> _Information given_:
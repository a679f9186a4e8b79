-- ===== src/Resilience/Engine.antt =====
-- kernel/resilience.py: the state of `ResilienceEngine` and its emit helpers. Circuit runtimes are
-- objects that calls in flight share with the dict, so they live in a heap and the dict holds
-- addresses. What goes to the event store, the bus, the metrics and `sleep` is a journal.
use hermes_kernel_v.Prelude.{
  ℕ, String, Bool, List, [], ◌∷◌, ◌++◌, Option, none, some, if◌then◌else◌,
}
use hermes_kernel_v.Prelude.Dict.{Dict}
use hermes_kernel_v.Resilience.Domain.{CircuitState, CircuitConfig, closed, DeadLetterEntry}
use hermes_kernel_v.Resilience.Store.{ResilienceStore}

pub record CircuitRuntime : Type 0 where
  pub config : CircuitConfig
  pub state : CircuitState
  pub failure_count : ℕ
  pub last_failure : Option ℕ
  pub half_open_calls : ℕ

abbrev pub fresh_runtime : CircuitConfig → CircuitRuntime
fresh_runtime config = record {
  config = config;
  state = closed;
  failure_count = 0;
  last_failure = none;
  half_open_calls = 0;
}

pub data Event : Type 0 where
  circuit_breaker_closed : String → Event
  circuit_breaker_opened : String → ℕ → ℕ → Event
  retry_attempted : String → ℕ → ℕ → String → Event
  retry_exhausted : String → ℕ → String → Event
  dead_letter_enqueued : String → String → ℕ → Event

-- A metric is always recorded with value 1 and at most one label.
pub data Effect : Type 0 where
  append publish : Event → Effect
  record_metric : String → Option String → Effect
  sleep_ms : ℕ → Effect

-- Which of the optional collaborators are wired.
pub record Outlets : Type 0 where
  pub has_event_store : Bool
  pub has_bus : Bool
  pub has_metrics : Bool

pub record ResilienceEngine (Task : Type 0) : Type 0 where
  pub store : Option (ResilienceStore Task)
  pub outlets : Outlets
  pub heap : List CircuitRuntime
  pub circuits : Dict ℕ
  pub dlq : Dict (DeadLetterEntry Task)
  pub journal : List Effect

module _ {Task : Type 0} where
  abbrev pub init : Option (ResilienceStore Task) → Outlets → ResilienceEngine Task
  init store outlets = record {
    store = store;
    outlets = outlets;
    heap = [];
    circuits = [];
    dlq = [];
    journal = [];
  }

  abbrev pub log : List Effect → ResilienceEngine Task → ResilienceEngine Task
  log effects e = record e { journal = e.journal ++ effects }

  -- Errors of the event store are swallowed.
  unfoldable pub emit : Event → ResilienceEngine Task → ResilienceEngine Task
  emit event e =
      log
        ((if e.outlets.has_event_store then append event ∷ [] else [])
          ++ (if e.outlets.has_bus then publish event ∷ [] else []))
        e

  unfoldable pub metric : String → Option String → ResilienceEngine Task → ResilienceEngine Task
  metric name label e = log (if e.outlets.has_metrics then record_metric name label ∷ [] else []) e

  -- `if self._store is not None: f(self._store)`
  abbrev pub with_store :
      (ResilienceStore Task → ResilienceStore Task) → ResilienceEngine Task → ResilienceEngine Task
  with_store f e = record e { store = elim e.store [ none ↦ none | some s ↦ some (f s) ] }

> _Task to carry out_: Reproduce the records above exactly as they appear.

> _Output of the task_:
repository a679f9186a4e8b79
-- ===== src/Resilience/Engine.antt =====
-- kernel/resilience.py: the state of `ResilienceEngine` and its emit helpers. Circuit runtimes are
-- objects that calls in flight share with the dict, so they live in a heap and the dict holds
-- addresses. What goes to the event store, the bus, the metrics and `sleep` is a journal.
use hermes_kernel_v.Prelude.{
  ℕ, String, Bool, List, [], ◌∷◌, ◌++◌, Option, none, some, if◌then◌else◌,
}
use hermes_kernel_v.Prelude.Dict.{Dict}
use hermes_kernel_v.Resilience.Domain.{CircuitState, CircuitConfig, closed, DeadLetterEntry}
use hermes_kernel_v.Resilience.Store.{ResilienceStore}

pub record CircuitRuntime : Type 0 where
  pub config : CircuitConfig
  pub state : CircuitState
  pub failure_count : ℕ
  pub last_failure : Option ℕ
  pub half_open_calls : ℕ

abbrev pub fresh_runtime : CircuitConfig → CircuitRuntime
fresh_runtime config = record {
  config = config;
  state = closed;
  failure_count = 0;
  last_failure = none;
  half_open_calls = 0;
}

pub data Event : Type 0 where
  circuit_breaker_closed : String → Event
  circuit_breaker_opened : String → ℕ → ℕ → Event
  retry_attempted : String → ℕ → ℕ → String → Event
  retry_exhausted : String → ℕ → String → Event
  dead_letter_enqueued : String → String → ℕ → Event

-- A metric is always recorded with value 1 and at most one label.
pub data Effect : Type 0 where
  append publish : Event → Effect
  record_metric : String → Option String → Effect
  sleep_ms : ℕ → Effect

-- Which of the optional collaborators are wired.
pub record Outlets : Type 0 where
  pub has_event_store : Bool
  pub has_bus : Bool
  pub has_metrics : Bool

pub record ResilienceEngine (Task : Type 0) : Type 0 where
  pub store : Option (ResilienceStore Task)
  pub outlets : Outlets
  pub heap : List CircuitRuntime
  pub circuits : Dict ℕ
  pub dlq : Dict (DeadLetterEntry Task)
  pub journal : List Effect

module _ {Task : Type 0} where
  abbrev pub init : Option (ResilienceStore Task) → Outlets → ResilienceEngine Task
  init store outlets = record {
    store = store;
    outlets = outlets;
    heap = [];
    circuits = [];
    dlq = [];
    journal = [];
  }

  abbrev pub log : List Effect → ResilienceEngine Task → ResilienceEngine Task
  log effects e = record e { journal = e.journal ++ effects }

  -- Errors of the event store are swallowed.
  unfoldable pub emit : Event → ResilienceEngine Task → ResilienceEngine Task
  emit event e =
      log
        ((if e.outlets.has_event_store then append event ∷ [] else [])
          ++ (if e.outlets.has_bus then publish event ∷ [] else []))
        e

  unfoldable pub metric : String → Option String → ResilienceEngine Task → ResilienceEngine Task
  metric name label e = log (if e.outlets.has_metrics then record_metric name label ∷ [] else []) e

  -- `if self._store is not None: f(self._store)`
  abbrev pub with_store :
      (ResilienceStore Task → ResilienceStore Task) → ResilienceEngine Task → ResilienceEngine Task
  with_store f e = record e { store = elim e.store [ none ↦ none | some s ↦ some (f s) ] }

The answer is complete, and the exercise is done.